Bioelectrochemical Methane Production from Food Waste in Anaerobic Digestion Using a Carbon-Modified Copper Foam Electrode

Abstract

Anaerobic bioelectrochemical digestion (ABD) is widely used for treating wastewater and recovering energy. The electrode is the key point for ABD system, which was sparsely studied with food waste. In this study, a carbon-modified copper foam was fabricated with copper foam and multiple wall carbon nanotubes (MWCNT) through electrophoretic deposition and screen-printing methods. The carbon-modified copper foam electrode was investigated in an ABD reactor for food waste. The features of bioelectrochemical methane production, process stability, and electrochemical characterization were evaluated in the ABD reactor, and were compared to the control reactor without equipping electrode. The ultimate methane production reached 338.1 mL CH4/L in the ABD reactor, which was significantly higher than the 181.0 mL CH4/L of the control reactor. The methane produced from the electrode was 137.8 mL CH4/L, which was up to 40.8% of total methane production in the ABD reactor.
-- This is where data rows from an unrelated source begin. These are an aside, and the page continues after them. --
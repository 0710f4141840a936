-- ===== src/Loader/PenaltyLaws.antt =====
-- What a penalty does to the quota of a cgroup, and whether it is undone.
use morpheus.Prelude.{
  ℕ, ◌+◌, ◌≤◌, ◌<◌, ◌≡◌, ◌≢◌, refl, true, Option, none, some, List, [], ◌∷◌, lookup, insert, remove,
  nat_eq, lookup-insert_self, ap, ◌∙◌, arith,
}
use morpheus.Prelude.Text.{Text, text_eq}
use morpheus.Loader.Penalty.{
  MorpheusEscalationEvent, ActivePenalty, System, State, active, throttled, penalty_ns, cpu_max,
  throttle, handle_escalation_event, expired, restore, release, release_all,
  check_expired_penalties,
}

-- What the file of a cgroup holds.
abbrev pub quota : Text → State → Option Text
quota file s = lookup file s.files

-- An escalation of a process that is penalized already changes nothing.
pub handle-penalized :
    (sys : System) (event : MorpheusEscalationEvent) (s : State) {p : ActivePenalty}
    → lookup event.pid (active s) ≡ some p
    → handle_escalation_event sys event s ≡ s
unfolding handle_escalation_event
handle-penalized sys event s e = rw (e, handle_escalation_event) refl

-- The first escalation of a process whose cgroup file is there, with any contents, and can be
-- written: the cgroup is throttled, and the penalty is entered with the old contents and the time
-- five seconds from now. No other file and no other penalty changes.
pub handle-throttles :
    (sys : System) (event : MorpheusEscalationEvent) (s : State) (file current : Text)
    → lookup event.pid (active s) ≡ none
    → cpu_max sys event.pid ≡ some file
    → quota file s ≡ some current
    → sys.writable file ≡ true
    → (handle_escalation_event sys event s) ≡ record {
      manager = record {
        active_penalties =
            insert event.pid
              (record { original = current; expiry = sys.now + penalty_ns })
              (active s);
      };
      files = insert file throttled s.files;
    }
unfolding handle_escalation_event throttle
handle-throttles sys event s file current fresh found read granted = ground arith

abbrev held : List (ℕ × ActivePenalty) → List (Text × Text) → State
held ps files = record { manager = record { active_penalties = ps }; files = files }

-- The manager holds one penalty, whose file can be found and written: once it has
-- expired, a check puts the old contents back and drops the entry.
one_penalty :
    (sys : System) (pid : ℕ) (p : ActivePenalty) (files : List (Text × Text)) (file : Text)
    → cpu_max sys pid ≡ some file
    → sys.writable file ≡ true
    → p.expiry ≤ sys.now
    → check_expired_penalties sys (held ((pid, p) ∷ []) files)
      ≡ held [] (insert file p.original files)
unfolding check_expired_penalties expired release_all release restore lookup remove
one_penalty sys pid p files file found granted late = ground arith

-- With a second penalty that has not expired, the check puts back the first one alone.
two_penalties :
    (sys : System) (pid other : ℕ) (p q : ActivePenalty) (files : List (Text × Text)) (file : Text)
    → cpu_max sys pid ≡ some file
    → sys.writable file ≡ true
    → p.expiry ≤ sys.now
    → sys.now < q.expiry
    → pid ≢ other
    → check_expired_penalties sys (held ((pid, p) ∷ (other, q) ∷ []) files)
      ≡ held ((other, q) ∷ []) (insert file p.original files)
unfolding check_expired_penalties expired release_all release restore lookup remove
two_penalties sys pid other p q files file found granted late early ne = ground arith

abbrev penalty : System → Text → ActivePenalty
penalty sys current = record { original = current; expiry = sys.now + penalty_ns }

-- The first penalty.
handle_first :
    (sys : System) (event : MorpheusEscalationEvent) (s : State) (file current : Text)
    → active s ≡ []
    → cpu_max sys event.pid ≡ some file
    → quota file s ≡ some current
    → sys.writable file ≡ true
    → handle_escalation_event sys event s
      ≡ held ((event.pid, penalty sys current) ∷ []) (insert file throttled s.files)
unfolding lookup insert
handle_first sys event s file current idle found read granted =
    handle-throttles sys event s file current (rw idle refl) found read granted
    ∙ ap (λ ps. held (insert event.pid (penalty sys current) ps) (insert file throttled s.files))
        idle

-- The second penalty, of another process with the same file.
handle_second :
    (sys : System) (event : MorpheusEscalationEvent) (pid : ℕ) (p : ActivePenalty)
    (files : List (Text × Text)) (file current : Text)
    → pid ≢ event.pid
    → cpu_max sys event.pid ≡ some file
    → lookup file files ≡ some current
    → sys.writable file ≡ true
    → handle_escalation_event sys event (held ((pid, p) ∷ []) files)
      ≡ held ((pid, p) ∷ (event.pid, penalty sys current) ∷ []) (insert file throttled files)
unfolding lookup insert
handle_second sys event pid p files file current ne found read granted =
    handle-throttles sys event (held ((pid, p) ∷ []) files) file current (ground arith) found read
      granted
    ∙ ground arith

-- With no penalty active, and a cgroup file of the process that can be read and written: its
-- escalation throttles the cgroup, and a check from five seconds on with nothing in between, at
-- which the file is still found and writable, restores what it held before and leaves no penalty
-- active.
pub check-handle :
    (sys later : System) (event : MorpheusEscalationEvent) (s : State) (file current : Text)
    → active s ≡ []
    → cpu_max sys event.pid ≡ some file
    → quota file s ≡ some current
    → sys.writable file ≡ true
    → cpu_max later event.pid ≡ some file
    → later.writable file ≡ true
    → sys.now + penalty_ns ≤ later.now
    → (quota file (handle_escalation_event sys event s) ≡ some throttled)
      × (quota file (check_expired_penalties later (handle_escalation_event sys event s))
          ≡ some current)
      × (active (check_expired_penalties later (handle_escalation_event sys event s)) ≡ [])
check-handle sys later event s file current idle found read granted found' granted' late =
    let first = handle_first sys event s file current idle found read granted in
    let p = penalty sys current in
    rw
      (
        first,
        one_penalty later event.pid p (insert file throttled s.files) file found' granted' late,
      )
      (lookup-insert_self file throttled s.files, lookup-insert_self file current _, refl)

-- Two threads of one cgroup, such as two workers of one process, whose file can be read and
-- written: the escalation of the second one, after the first, saves the throttled quota as the
-- original. So once a check has released the first penalty, before the second one expires, and a
-- later check the second one, the cgroup stays throttled, with no penalty active.
pub shared_cgroup_stays_throttled :
    (sys : System) (first second : MorpheusEscalationEvent) (t₂ t₃ t₄ : ℕ) (s : State)
    (file current : Text)
    → active s ≡ []
    → first.pid ≢ second.pid
    → cpu_max sys first.pid ≡ some file
    → cpu_max sys second.pid ≡ some file
    → quota file s ≡ some current
    → sys.writable file ≡ true
    → sys.now < t₂
    → sys.now + penalty_ns ≤ t₃
    → t₃ < t₂ + penalty_ns
    → t₂ + penalty_ns ≤ t₄
    → let at = λ (t : ℕ). record sys { now = t } in
      let both = handle_escalation_event (at t₂) second (handle_escalation_event sys first s) in
      let after = check_expired_penalties (at t₄) (check_expired_penalties (at t₃) both) in
      (quota file after ≡ some throttled) × (active after ≡ [])
shared_cgroup_stays_throttled sys first second t₂ t₃ t₄ s file current idle ne f₁ f₂ read granted l₂
      l₃ l₃' l₄ =
    let at = λ (t : ℕ). record sys { now = t } in
    let p = penalty sys current in
    let q = penalty (at t₂) throttled in
    let files = insert file throttled s.files in
    rw
      (
        handle_first sys first s file current idle f₁ read granted,
        handle_second (at t₂) second first.pid p files file throttled ne f₂
            (lookup-insert_self file throttled s.files) granted,
        two_penalties (at t₃) first.pid second.pid p q (insert file throttled files) file f₁ granted
            l₃ l₃' ne,
        one_penalty (at t₄) second.pid q (insert file current (insert file throttled files)) file f₂
            granted l₄,
      )
      (lookup-insert_self file throttled _, refl)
It was attributed to the electroactive bacteria that were enriched and activated by the carbon-modified copper foam electrode, further activating the direct interspecies electron transfer (DIET) pathways for methane production. The cyclic voltammetry (CV) analysis showed higher redox peaks, which is one of the pieces of evidence for the enrichment of electroactive bacteria. The carbon-modified copper foam electrode has the advantages of both carbon and metal materials, and demonstrated a high possibility for use in bioelectrochemical methane production for food waste.